- WORK INSTRUCTIONS -
The span to repeat in the listing below runs from the line containing "abbrev text : RrType → ℕ → String" to the line containing "addresses_built : from_records", inclusive. Repeat it exactly, and only it.

- DATA SHOWN -
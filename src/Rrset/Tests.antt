-- ===== src/Rrset/Tests.antt =====
-- Runs on record sets, and their theorems at concrete inputs.
use mathlib.Core.List.{Permᴰ}
use Prim.Native.String.{String}
use recurse_x.Prelude.{ℕ, ◌≡◌, refl, true, false, [], ◌∷◌}
use recurse_x.Error.{ok, err, wire_error}
use recurse_x.Name.{root}
use recurse_x.Qtype.{RrType}
use recurse_x.Rdata.{RData, Record, a, cname, unknown}
use recurse_x.Rrset.{RrSet, from_records, gather, is_single, record_wire_without_ttl, same_data}
use recurse_x.Rrset.Built.{IsBuilt, from_records-IsBuilt}
use recurse_x.Rrset.Order.{same_data-Perm}

abbrev entry : ℕ → ℕ → RData → Record
entry code ttl rdata = record {
  name = root;
  rr_type = record { code = code };
  class = record { code = 1 };
  ttl = ttl;
  rdata = rdata;
}

abbrev first : ℕ → Record
first ttl = entry 1 ttl (a (192 ∷ 0 ∷ 2 ∷ 1 ∷ []))

abbrev second : ℕ → Record
second ttl = entry 1 ttl (a (192 ∷ 0 ∷ 2 ∷ 2 ∷ []))

abbrev signature : Record
signature = entry 46 200 (unknown (7 ∷ []))

abbrev text : RrType → ℕ → String
text t n = "several records"

-- With a limit of an hour.
abbrev addresses : RrSet
addresses = record {
  name = root;
  rr_type = record { code = 1 };
  class = record { code = 1 };
  records = first 300 ∷ second 60 ∷ [];
  rrsigs = signature ∷ [];
  ttl = 60;
  validated = false;
}

addresses_built : from_records text (first 300 ∷ signature ∷ second 60 ∷ []) 3600 ≡ ok addresses
unfolding from_records gather is_single
addresses_built = refl

two_aliases :
    from_records text (entry 5 60 (cname root) ∷ entry 5 60 (cname root) ∷ []) 3600
    ≡ err (wire_error "several records")
unfolding from_records gather is_single
two_aliases = refl

from_records-IsBuilt_example : IsBuilt (first 300 ∷ signature ∷ second 60 ∷ []) 3600 addresses
from_records-IsBuilt_example =
    from_records-IsBuilt text (first 300 ∷ signature ∷ second 60 ∷ []) 3600 addresses
      addresses_built

-- The other order, with other TTLs.
abbrev renewed : RrSet
renewed = record addresses { records = second 3600 ∷ first 3600 ∷ []; rrsigs = [] }

same_data-Perm_example : same_data addresses renewed ≡ true
unfolding record_wire_without_ttl
same_data-Perm_example = same_data-Perm addresses renewed (Permᴰ.swap refl refl)
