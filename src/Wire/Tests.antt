-- ===== src/Wire/Tests.antt =====
-- Runs of the reads of src/wire.rs, and their theorems at concrete inputs.
use recurse_x.Prelude.{ℕ, ◌%◌, ◌^◌, ◌≡◌, refl, List, [], ◌∷◌, ◌++◌, arith}
use recurse_x.Error.{ok, err, ◌>>=◌}
use recurse_x.Wire.{
  out_of_range, slice_at, rest_at, from_be_bytes, to_be_bytes, u16_at, u24_at, u32_at, u48_at,
  capped,
}
use recurse_x.Wire.Reads.{words_at, words_at-to_be_bytes}

abbrev six_bytes : List ℕ
six_bytes = 0x12 ∷ 0x34 ∷ 0x56 ∷ 0x78 ∷ 0x9a ∷ 0xbc ∷ []

u24_run : u24_at six_bytes 1 ≡ ok 0x345678
unfolding u24_at
u24_run = refl

u48_run : u48_at six_bytes 0 ≡ ok 0x123456789abc
unfolding u48_at
u48_run = refl

straddling : u16_at six_bytes 5 ≡ err out_of_range
unfolding u16_at
straddling = refl

offset_overflow : slice_at six_bytes 0xffff_ffff_ffff_ffff 1 ≡ err out_of_range
unfolding slice_at
offset_overflow = refl

empty_tail : rest_at six_bytes 6 ≡ ok []
unfolding rest_at
empty_tail = refl

capped_run : capped six_bytes 2 ≡ 0x12 ∷ 0x34 ∷ []
unfolding capped
capped_run = refl

words_at_example :
    (u16_at six_bytes 3 ≡ (slice_at six_bytes 3 2 >>= λ b. ok (from_be_bytes b)))
    × (u24_at six_bytes 3 ≡ (slice_at six_bytes 3 3 >>= λ b. ok (from_be_bytes b)))
    × (u32_at six_bytes 3 ≡ (slice_at six_bytes 3 4 >>= λ b. ok (from_be_bytes b)))
    × (u48_at six_bytes 3 ≡ (slice_at six_bytes 3 6 >>= λ b. ok (from_be_bytes b)))
words_at_example = words_at six_bytes 3 (omega arith) (omega arith)

words_at-to_be_bytes_example :
    (u16_at (7 ∷ [] ++ (to_be_bytes 2 0x1234 ++ six_bytes)) 1 ≡ ok (0x1234 % 2 ^ 16))
    × (u32_at (7 ∷ [] ++ (to_be_bytes 4 0x1234 ++ six_bytes)) 1 ≡ ok (0x1234 % 2 ^ 32))
unfolding to_be_bytes
words_at-to_be_bytes_example =
    words_at-to_be_bytes (7 ∷ []) six_bytes 0x1234 (omega arith) (omega arith)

- REPLY -
abbrev text : RrType → ℕ → String
text t n = "several records"

-- With a limit of an hour.
abbrev addresses : RrSet
addresses = record {
  name = root;
  rr_type = record { code = 1 };
  class = record { code = 1 };
  records = first 300 ∷ second 60 ∷ [];
  rrsigs = signature ∷ [];
  ttl = 60;
  validated = false;
}

addresses_built : from_records text (first 300 ∷ signature ∷ second 60 ∷ []) 3600 ≡ ok addresses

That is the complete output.